Quote Originally Posted by SuperChuck
Ha!

I'm COMPLETELY opposed to the death penalty.

I also think it's rediculous to charge kids as adults.

J Edgar Hoover renamed all our prisons to "Correctional Facilities" and I really think he was on to something (about the correctional facilities, not cross-dressing). However, I think the prison system is a COMPLETE failure...

I had a revelation a couple years back. I was watching a documentary on Parris Island and one of the drill sargeants mentioned that roughly half the kids joining the Marines realize that they need discipline; they realize that they can either join the military or end up in prison. So what do you do with the people that go to prison instead? Treat them like Marines!

My "system" puts inmates through a 6 week boot camp loosely based on the Marine Corps model. Once the inmate passes boot (which, like actual boot, may take more than one attempt), the inmate can then join the prison system. The emphasis of the prison system would change as well. Education and hard work are stressed. Inmates are educated in a trade beneficial to the state and put to work. The work should be largely creative in nature: building bridges, levees, repairing municipal buildings, etc. The idea here is to create an understanding of improving society.

The current system brings 'em in, ferments them, and lets them out. Bring 'em in, fix 'em, and get 'em out.

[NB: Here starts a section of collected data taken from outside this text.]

-- ===== src/H2v2/Slices.antt =====
-- The outgoing body that src/h2v2/stream.cpp hands to nghttp2, over a stream's life.
use anyhttp.Prelude.{
  ℕ, ◌+◌, ◌≤◌, ◌≡◌, refl, sym, ap, ◌∙◌, Bool, true, false, Option, none, some, List, [], ◌∷◌, ◌++◌,
  Bytes, length, ltb, if◌then◌else◌, arith, if_both, append_assoc, append-nil,
}
use anyhttp.Quic.Stream.State.{is_zero_copy}
use anyhttp.H2.Stream.Writing.{Write}
use anyhttp.H2v2.Writing.{Outgoing, framed_for, on_write_offset, data_reader, Effect}
use anyhttp.H2v2.Lending.{Step, writes, cancels, reads, frames, step, steps}
use anyhttp.H2v2.Body.{
  to_offer, bytes_of, body_of, body_by, completed_by_framing, MayStep, InTurn, InOrder,
}
use anyhttp.H2v2.Offers.{
  nothing_new, read_for-InOrder, async_write-to_offer, complete-to_offer, waiting-to_offer,
  body_of-same, drop-all,
}

-- A write is complete when all of it has been framed, and then all of it had been offered.
framed_for-InOrder :
    (o : Outgoing) (len : ℕ) (next : Option Write) (m : Option ℕ)
    → o.write_handler ≡ m
    → is_zero_copy o.write_mode ≡ true
    → o.written + len ≤ o.offered
    → InOrder o
        (body_by o (frames len next))
        (framed_for (record o { written = o.written + len }) next m).0
        []
unfolding framed_for
framed_for-InOrder o len next none e z h =
    nothing_new o ∙ ap (◌++◌ (to_offer o)) (sym (unchosen next))
  where
    unchosen : (m : Option Write) → body_by o (frames len m) ≡ []
    unchosen m = rw e refl
framed_for-InOrder o len next (some handler) e z h =
    if_both (λ (t : Effect). InOrder o (body_by o (frames len next)) t.0 [])
      (ltb (o.written + len) (length o.write_buffer))
      (λ k. nothing_new o ∙ ap (◌++◌ (to_offer o)) (sym (unchosen k)))
      (λ k.
        complete-to_offer p handler next
        ∙ body_of-same o p next refl
        ∙ sym (chosen k)
        ∙ ap (λ b. b ++ body_by o (frames len next)) (sym (emptied k)))
  where
    p : Outgoing
    p = record o { written = o.written + len }

    emptied : ltb (o.written + len) (length o.write_buffer) ≡ false → to_offer o ≡ []
    emptied k = waiting-to_offer o handler e ∙ drop-all o.offered o.write_buffer (ground arith)

    chosen :
        ltb (o.written + len) (length o.write_buffer) ≡ false
        → body_by o (frames len next) ≡ body_of o next
    chosen k = rw (e, z, k) refl

    unchosen :
        ltb (o.written + len) (length o.write_buffer) ≡ true → body_by o (frames len next) ≡ []
    unchosen k = rw (e, z, k) refl

step-InOrder :
    (x : Step) (o : Outgoing)
    → MayStep o x
    → InOrder o (body_by o x) (step o x).output (step o x).slices
unfolding step
step-InOrder (writes w) o m =
    async_write-to_offer o w m ∙ ap (λ t. t ++ body_of o (some w)) (sym nothing)
  where
    nothing : to_offer o ≡ []
    nothing = rw m refl
step-InOrder cancels o m = absurd m
step-InOrder (reads has_room next) o m =
    unfold data_reader in read_for-InOrder o has_room next o.write_handler refl
step-InOrder (frames len next) o m =
    unfold on_write_offset in
    if_both (λ (t : Effect). InOrder o (body_by o (frames len next)) t.0 [])
      (is_zero_copy o.write_mode) (λ z. framed_for-InOrder o len next o.write_handler refl z m)
      (λ z. nothing_new o ∙ ap (◌++◌ (to_offer o)) (sym (unchosen z)))
  where
    unchosen : is_zero_copy o.write_mode ≡ false → body_by o (frames len next) ≡ []
    unchosen z = ap (λ b. if b then body_of o next else []) flag
      where
        flag : completed_by_framing o len ≡ false
        flag = ground arith

-- What the writes of a sequence of steps add to the body.
abbrev pub body : Outgoing → List Step → Bytes
body o [] = []
body o (x ∷ xs) = body_by o x ++ body (step o x).output xs

bytes_of-append : (fs gs : List (Bytes × Bool)) → bytes_of (fs ++ gs) ≡ bytes_of fs ++ bytes_of gs
bytes_of-append [] gs = refl
bytes_of-append ((bytes, fin) ∷ fs) gs =
    ap (◌++◌ bytes) (bytes_of-append fs gs) ∙ sym (append_assoc bytes (bytes_of fs) (bytes_of gs))

-- What nghttp2 is handed is the body, in either mode: over any sequence of writes, requests for data
-- and framed bytes, without a cancellation, in which one write is in progress at a time and nghttp2
-- frames no more than it was handed, the slices in order, followed by what the waiting write has not
-- handed over yet, are what was left before followed by the bytes of the writes, those of a write
-- behind the end of the body excepted.
pub slices-InOrder :
    (xs : List Step) (o : Outgoing)
    → InTurn o xs
    → bytes_of (steps o xs).slices ++ to_offer (steps o xs).output ≡ to_offer o ++ body o xs
unfolding steps
slices-InOrder [] o t = sym (append-nil (to_offer o))
slices-InOrder (x ∷ xs) o t =
    let p = step o x in
    let q = steps p.output xs in
    let first = step-InOrder x o t.0 in
    let rest = slices-InOrder xs p.output t.1 in
    ap (λ b. b ++ to_offer q.output) (bytes_of-append p.slices q.slices)
    ∙ append_assoc (bytes_of p.slices) (bytes_of q.slices) (to_offer q.output)
    ∙ ap (◌++◌ (bytes_of p.slices)) rest
    ∙ sym (append_assoc (bytes_of p.slices) (to_offer p.output) (body p.output xs))
    ∙ ap (λ b. b ++ body p.output xs) first
    ∙ append_assoc (to_offer o) (body_by o x) (body p.output xs)
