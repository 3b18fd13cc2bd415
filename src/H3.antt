-- ===== src/H3.antt =====
-- HTTP/3: src/h3/stream.cpp.
pub mod Body
pub mod Handed
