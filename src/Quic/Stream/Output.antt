-- ===== src/Quic/Stream/Output.antt =====
-- The outgoing body of src/quic/stream.cpp, from `start_write` to `finish_active_write`.
use anyhttp.Prelude.{
  ℕ, zero, suc, ◌+◌, ◌-◌, min, max, Bool, true, false, not, ◌&&◌, ◌||◌, Option, none, some, List,
  [], ◌∷◌, ◌++◌, Bytes, length, take, drop, ltb, leb, ◌==◌, if◌then◌else◌, add64, sub64,
}
use anyhttp.Completion.{
  Event, Code, When, success, broken_pipe, canceled, connection_reset, at_once, posted, write_done,
  writable, reset_stream,
}
use anyhttp.Quic.Stream.State.{Outgoing, Chunk, is_zero_copy, is_staged, is_some}

-- kWriteChunkSize
abbrev pub write_chunk_size : ℕ
write_chunk_size = 16384

abbrev pub Effect : Type 0
Effect = Outgoing × List Event

-- The completion of a handler that may have been detached.
abbrev pub done_with : When → Option ℕ → Code → List Event
done_with w none ec = []
done_with w (some h) ec = write_done w h ec ∷ []

-- A new write, behind the ladder. The assertion `!write_active` is the caller's contract.
accept : Outgoing → ℕ → Bytes → Bool → Effect
accept s handler buffer eof = (
  record s {
    eof_submitted = eof || s.eof_submitted;
    next_write_token = add64 s.next_write_token 1;
    write_active = true;
    write_source = buffer;
    write_base = s.tx_queued;
    write_copied = 0;
    write_is_eof = eof;
    write_token = s.next_write_token;
    write_handler = some handler;
    tx_queued =
        if is_zero_copy s.write_mode then add64 s.tx_queued (length buffer) else s.tx_queued;
  },
  writable ∷ [],
)

-- A write behind the end of the body.
after_end : Outgoing → ℕ → ℕ → Effect
after_end s handler n =
    if ltb 0 n
    then (s, write_done at_once handler broken_pipe ∷ [])
    else if s.write_active && s.write_is_eof && not s.closed && not s.write_aborted
    then (record s { write_handler = some handler }, [])
    else if (s.closed || s.write_aborted) && not s.fin_offered
    then (s, write_done at_once handler connection_reset ∷ [])
    else (s, write_done at_once handler success ∷ [])

unfoldable pub start_write : Outgoing → ℕ → Bytes → Bool → Effect
unfolding accept after_end
start_write s handler buffer eof =
    if length buffer == 0 && not eof
    then (s, write_done at_once handler success ∷ [])
    else if s.eof_submitted
    then after_end s handler (length buffer)
    else if s.closed || s.write_aborted
    then (s, write_done at_once handler connection_reset ∷ [])
    else accept s handler buffer eof

-- The base version of `reset_writing`.
unfoldable pub reset_writing : Outgoing → Effect
reset_writing s = (record s { write_aborted = true }, reset_stream ∷ [])

-- In ZeroCopy mode, what the stack may still point into is reset, and the rest is taken back.
withdraw : Outgoing → Effect
withdraw s =
    if is_zero_copy s.write_mode
    then (let (r, events) =
          if ltb s.tx_acked s.tx_offered && not s.closed && not s.write_aborted
          then reset_writing s
          else (s, []) in
        (record r { tx_queued = r.tx_offered }, events))
    else (s, [])

abandon : Outgoing → Outgoing
abandon s = record s {
  eof_submitted =
      if s.write_is_eof && (is_zero_copy s.write_mode || not s.fin_offered)
      then false
      else s.eof_submitted;
  write_active = false;
  write_source = [];
  write_handler = none;
}

-- What `bind_write_cancellation` arms for a token, when it is delivered.
unfoldable pub cancel_write : Outgoing → ℕ → Effect
unfolding withdraw abandon reset_writing
cancel_write s token =
    if not (s.write_token == token) || not (is_some s.write_handler)
    then (s, [])
    else if s.write_is_eof && length s.write_source == 0
    then (record s { write_handler = none }, done_with posted s.write_handler canceled)
    else (let (r, events) = withdraw s in
        (abandon r, events ++ done_with posted s.write_handler canceled))

-- The next slice of the caller's buffer becomes a chunk, once all before it is in packets.
unfoldable pub carve : Outgoing → Outgoing
carve s =
    if is_staged s.write_mode
      && s.write_active
      && leb s.tx_queued s.tx_sent
      && ltb s.write_copied (length s.write_source)
    then (let n = min (length s.write_source - s.write_copied) write_chunk_size in
        record s {
          chunks =
              s.chunks
              ++ record {
                offset = s.tx_queued;
                content = take n (drop s.write_copied s.write_source);
              }
                ∷ [];
          write_copied = s.write_copied + n;
          tx_queued = add64 s.tx_queued n;
        })
    else s

-- The loop over the chunks: room in `vec`, the offset asked for, the end so far.
unfoldable pub hand_out : ℕ → ℕ → ℕ → List Chunk → List Bytes × ℕ
hand_out room from end [] = ([], end)
hand_out zero from end (c ∷ cs) =
    if leb (c.offset + length c.content) from then hand_out zero from end cs else ([], end)
hand_out (suc room) from end (c ∷ cs) =
    let chunk_end = c.offset + length c.content in
    let skipped = hand_out (suc room) from end cs in
    let (rest, last) = hand_out room from chunk_end cs in
    if leb chunk_end from
    then skipped
    else (drop (if ltb c.offset from then from - c.offset else 0) c.content ∷ rest, last)

-- `vec` is the list of what its entries point at.
pub record Offer : Type 0 where
  pub stream : Outgoing
  pub vec : List Bytes
  pub fin : Bool

-- What there is to point at, and where it ends.
unfoldable pub slices : Outgoing → ℕ → ℕ → List Bytes × ℕ
unfolding hand_out
slices s from room =
    if is_zero_copy s.write_mode
    then if s.write_active && ltb from s.tx_queued
      then (
        take (s.tx_queued - from) (drop (sub64 from s.write_base) s.write_source) ∷ [],
        s.tx_queued,
      )
      else ([], from)
    else hand_out room from from s.chunks

unfoldable pub ends_body : Outgoing → ℕ → Bool
ends_body s end =
    s.write_active
    && s.write_is_eof
    && (is_zero_copy s.write_mode || s.write_copied == length s.write_source)
    && leb s.tx_queued end

unfoldable pub pending_data : Outgoing → ℕ → ℕ → Offer
unfolding carve slices ends_body
pending_data s from room =
    if room == 0 || s.closed || s.write_aborted
    then record { stream = s; vec = []; fin = false }
    else (let t = carve s in
        let (vec, end) = slices t from room in
        record { stream = t; vec = vec; fin = ends_body t end })

unfoldable pub finish_active_write : Outgoing → Effect
finish_active_write s = (
  record s { write_source = []; write_handler = none; write_active = false },
  done_with posted s.write_handler success,
)

unfoldable pub on_offered : Outgoing → ℕ → Bool → Effect
unfolding finish_active_write
on_offered s end fin =
    let t = record s { tx_offered = max s.tx_offered (min end s.tx_queued) } in
    if not fin
    then (t, [])
    else if t.write_active && length t.write_source == 0
    then finish_active_write (record t { fin_offered = true })
    else (record t { fin_offered = true }, [])

unfoldable pub on_sent : Outgoing → ℕ → Effect
unfolding finish_active_write
on_sent s end =
    if leb end s.tx_sent
    then (s, [])
    else (let t = record s { tx_sent = min end s.tx_offered } in
        if not (is_staged t.write_mode) || not t.write_active || ltb t.tx_sent t.tx_queued
        then (t, [])
        else if length t.write_source == 0
        then (t, [])
        else if t.write_copied == length t.write_source
        then finish_active_write t
        else (t, writable ∷ []))

-- `while (!chunks.empty() && … <= tx_acked) chunks.pop_front();`
unfoldable pub drop_acked : ℕ → List Chunk → List Chunk
drop_acked acked [] = []
drop_acked acked (c ∷ cs) =
    let rest = drop_acked acked cs in
    if leb (c.offset + length c.content) acked then rest else c ∷ cs

unfoldable pub on_acked : Outgoing → ℕ → Effect
unfolding drop_acked finish_active_write
on_acked s end =
    let end' = min end s.tx_offered in
    if leb end' s.tx_acked
    then (s, [])
    else (let t = record s { tx_acked = end'; chunks = drop_acked end' s.chunks } in
        if is_zero_copy t.write_mode
          && t.write_active
          && ltb 0 (length t.write_source)
          && leb (add64 t.write_base (length t.write_source)) t.tx_acked
        then finish_active_write t
        else (t, []))

unfoldable pub abort_writing : Outgoing → Code → Effect
abort_writing s ec =
    let t = record s { write_aborted = true } in
    if not t.write_active then (t, []) else (
      record t { write_active = false; write_source = []; write_handler = none },
      done_with posted t.write_handler ec,
    )
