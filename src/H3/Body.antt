-- ===== src/H3/Body.antt =====
-- The outgoing body of src/h3/stream.cpp between nghttp3, which counts the bytes of the body, and the
-- QUIC stream below.
use anyhttp.Prelude.{
  ℕ, min, Bool, false, not, ◌&&◌, List, [], ◌∷◌, Bytes, length, ◌==◌, ltb, if◌then◌else◌, add64,
  sub64,
}
use anyhttp.Quic.Stream.State.{Outgoing}
use anyhttp.Completion.{Event}
use anyhttp.Quic.Stream.Output.{Effect, Offer, pending_data, on_offered, on_acked, on_sent}

-- What `data_reader` returns: NGHTTP3_ERR_WOULDBLOCK, or what `vec` points at with
-- NGHTTP3_DATA_FLAG_EOF.
pub data Taken : Type 0 where
  would_block : Taken
  taken : List Bytes → Bool → Taken

pub record Reading : Type 0 where
  pub stream : Outgoing
  pub events : List Event
  pub result : Taken

-- `end += vec[i].len`
abbrev pub end_of : ℕ → List Bytes → ℕ
end_of end [] = end
end_of end (v ∷ vec) = end_of (add64 end (length v)) vec

-- What is done with what is pending from `from` on.
unfoldable pub hand_over : ℕ → Offer → Reading
hand_over from p =
    let (t, events) = on_offered p.stream (end_of from p.vec) p.fin in
    if length p.vec == 0 && not p.fin
    then record { stream = p.stream; events = []; result = would_block }
    else record { stream = t; events = events; result = taken p.vec p.fin }

unfoldable pub data_reader : Outgoing → ℕ → Reading
unfolding hand_over
data_reader s veccnt =
    let r = hand_over s.tx_offered (pending_data s s.tx_offered veccnt) in
    if veccnt == 0 then record { stream = s; events = []; result = taken [] false } else r

-- The bytes are those of the body.
unfoldable pub on_write_acked : Outgoing → ℕ → Effect
on_write_acked s n = let r = on_acked s (add64 s.tx_acked n) in if ltb 0 n then r else (s, [])

-- The bytes are those of the stream, with HTTP/3's own among them.
unfoldable pub on_write_offered : Outgoing → ℕ → Effect
on_write_offered s n =
    let r = on_sent s (add64 s.tx_sent (min n (sub64 s.tx_offered s.tx_sent))) in
    if ltb 0 n then r else (s, [])
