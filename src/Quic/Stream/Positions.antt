-- ===== src/Quic/Stream/Positions.antt =====
-- The four positions in the outgoing body, include/anyhttp/quic/stream.hpp: each is at most the one
-- before, whatever is called in which order.
use anyhttp.Prelude.{
  ℕ, ◌+◌, ◌-◌, ◌≤◌, ◌<◌, ◌≡◌, ◌⊎◌, Bool, true, false, Bytes, length, u64_mod, arith,
}
use anyhttp.Completion.{Code}
use anyhttp.Quic.Stream.State.{Outgoing, zero_copy, staged}
use anyhttp.Quic.Stream.Output.{
  start_write, cancel_write, carve, pending_data, on_offered, on_sent, on_acked, abort_writing,
}

-- What there is to send, what the stack holds on to, what went into packets, what was acknowledged;
-- and while a write is active, where its buffer stands among them.
pub record IsOrdered (s : Outgoing) : Type 0 where
  pub acked_le : s.tx_acked ≤ s.tx_sent
  pub sent_le : s.tx_sent ≤ s.tx_offered
  pub offered_le : s.tx_offered ≤ s.tx_queued
  pub queued_lt : s.tx_queued < u64_mod
  pub copied_le : s.write_active ≡ true → s.write_copied ≤ length s.write_source
  pub whole :
      s.write_mode ≡ zero_copy
      → s.write_active ≡ true
      → s.tx_queued ≡ s.write_base + length s.write_source
  pub room :
      s.write_mode ≡ staged
      → s.write_active ≡ true
      → s.tx_queued + (length s.write_source - s.write_copied) < u64_mod
  pub base_le :
      s.write_mode ≡ zero_copy
      → s.write_active ≡ true
      → s.closed ≡ false
      → s.write_aborted ≡ false
      → s.write_base ≤ s.tx_acked
  pub released :
      s.write_mode ≡ zero_copy
      → s.write_active ≡ false
      → s.closed ≡ false
      → s.write_aborted ≡ false
      → s.tx_queued ≡ s.tx_acked

-- The caller's part of the contract: one write at a time, and a body below 2^64 bytes.
pub record MayWrite (s : Outgoing) (buffer : Bytes) : Type 0 where
  pub one_at_a_time : (s.write_active ≡ false) ⊎ (s.eof_submitted ≡ true)
  pub fits : s.tx_queued + length buffer < u64_mod

pub start_write-IsOrdered :
    {s : Outgoing} (handler : ℕ) (buffer : Bytes) (eof : Bool)
    → MayWrite s buffer
    → IsOrdered s
    → IsOrdered (start_write s handler buffer eof).0
unfolding start_write
start_write-IsOrdered handler buffer eof m v = ground arith

pub cancel_write-IsOrdered :
    {s : Outgoing} (token : ℕ) → IsOrdered s → IsOrdered (cancel_write s token).0
unfolding cancel_write
cancel_write-IsOrdered token v = ground arith

pub carve-IsOrdered : {s : Outgoing} → IsOrdered s → IsOrdered (carve s)
unfolding carve
carve-IsOrdered v = ground arith

pub pending_data-IsOrdered :
    {s : Outgoing} (from room : ℕ) → IsOrdered s → IsOrdered (pending_data s from room).stream
unfolding pending_data
pending_data-IsOrdered {s} from room v = ground arith

pub on_offered-IsOrdered :
    {s : Outgoing} (end : ℕ) (fin : Bool) → IsOrdered s → IsOrdered (on_offered s end fin).0
unfolding on_offered
on_offered-IsOrdered end fin v = ground arith

pub on_sent-IsOrdered : {s : Outgoing} (end : ℕ) → IsOrdered s → IsOrdered (on_sent s end).0
unfolding on_sent
on_sent-IsOrdered end v = ground arith

pub on_acked-IsOrdered :
    {s : Outgoing} (end : ℕ) → end ≤ s.tx_sent → IsOrdered s → IsOrdered (on_acked s end).0
unfolding on_acked
on_acked-IsOrdered end h v = ground arith

pub abort_writing-IsOrdered :
    {s : Outgoing} (ec : Code) → IsOrdered s → IsOrdered (abort_writing s ec).0
unfolding abort_writing
abort_writing-IsOrdered ec v = ground arith
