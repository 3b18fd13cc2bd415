-- ===== src/Quic/Stream/Outbound.antt =====
-- The writing side of a stream as a whole: any order of writes, cancellations, packets and
-- acknowledgements, src/quic/stream.cpp.
use anyhttp.Prelude.{
  ℕ, ◌≤◌, Bool, true, false, not, ◌&&◌, none, [], ◌++◌, Bytes, length, take, ◌==◌, if◌then◌else◌,
}
use anyhttp.Completion.{Code}
use anyhttp.Quic.Stream.State.{Outgoing, WriteMode, is_some}
use anyhttp.Quic.Stream.Output.{
  start_write, reset_writing, cancel_write, pending_data, on_offered, on_sent, on_acked,
  abort_writing,
}
use anyhttp.Quic.Stream.Positions.{MayWrite}

-- A stream that was just opened.
abbrev pub opened : WriteMode → Outgoing
opened mode = record {
  write_mode = mode;
  write_active = false;
  write_source = [];
  write_is_eof = false;
  write_handler = none;
  write_token = 0;
  next_write_token = 1;
  eof_submitted = false;
  fin_offered = false;
  write_base = 0;
  write_copied = 0;
  tx_queued = 0;
  tx_offered = 0;
  tx_sent = 0;
  tx_acked = 0;
  chunks = [];
  closed = false;
  write_aborted = false;
}

-- A live stream's write, as the caller sees it.
abbrev pub accepts : Outgoing → Bytes → Bool → Bool
accepts s buffer eof =
    not (length buffer == 0 && not eof)
    && not s.eof_submitted
    && not s.closed
    && not s.write_aborted

abbrev pub cancels : Outgoing → ℕ → Bool
cancels s token = s.write_token == token && is_some s.write_handler

-- A stream, and the body submitted so far: a cancelled write takes back what the stack was not
-- given of it.
pub data Step : Outgoing × Bytes → Outgoing × Bytes → Type 0 where
  writes :
      {s : Outgoing} {body : Bytes} (handler : ℕ) (buffer : Bytes) (eof : Bool)
      → MayWrite s buffer
      → Step
          (s, body)
          (
            (start_write s handler buffer eof).0,
            if accepts s buffer eof then body ++ buffer else body,
          )
  cancelled :
      {s : Outgoing} {body : Bytes} (token : ℕ)
      → Step
          (s, body)
          (
            (cancel_write s token).0,
            if cancels s token then take (cancel_write s token).0.tx_queued body else body,
          )
  asked :
      {s : Outgoing} {body : Bytes} (from room : ℕ)
      → Step (s, body) ((pending_data s from room).stream, body)
  offered :
      {s : Outgoing} {body : Bytes} (end : ℕ) (fin : Bool)
      → Step (s, body) ((on_offered s end fin).0, body)
  sent : {s : Outgoing} {body : Bytes} (end : ℕ) → Step (s, body) ((on_sent s end).0, body)
  acked :
      {s : Outgoing} {body : Bytes} (end : ℕ)
      → end ≤ s.tx_sent
      → Step (s, body) ((on_acked s end).0, body)
  reset : {s : Outgoing} {body : Bytes} → Step (s, body) ((reset_writing s).0, body)
  aborted :
      {s : Outgoing} {body : Bytes} (ec : Code) → Step (s, body) ((abort_writing s ec).0, body)
  shut : {s : Outgoing} {body : Bytes} → Step (s, body) (record s { closed = true }, body)

pub data Reach (mode : WriteMode) : Outgoing × Bytes → Type 0 where
  fresh : Reach mode (opened mode, [])
  onward : {x y : Outgoing × Bytes} → Reach mode x → Step x y → Reach mode y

I've never understood charging a child as an adult.
As a society, we have determined that a 15 year old kid does not have the understanding of right and wrong.
Yet, we decide that, if they do something REALLY bad, they MUST have full understanding.
That just doesn't make sense.

An army officer once explained why the army doesn't accept people older than 24 (or whatever the age is). If you tell a 17 year old to take that hill, they don't ask questions. If you tell a 27 year old to take that hill, they'll tell you no fucking way, there are guys shooting up there. The 17 year old understands that there are people up there shooting, but doesn't understand what it MEANS to wind up in a body bag. A 27 year old is typically more mature and self-protective.

If I had the same intellect I had at 15, I'd be dead.
The boot camp thing has been tried. The last one was dismantled a couple of months ago - it was in CA and was part of the Bureau of Prisons (BOP - Federal). The "creative labor" thing is and has been part of prison systems for decades. I don't know the stats re: what has been helpful and what hasn't. I do believe strongly that prison has become simply a bandaid for a symptom of much larger problem; you're right about the fact that the prison systems, federal AND state, are largely failures. The problem: lack of accountability.

On whether an adolescent has an abstract grasp of death, right and wrong, or whatever, varies from one person to the next.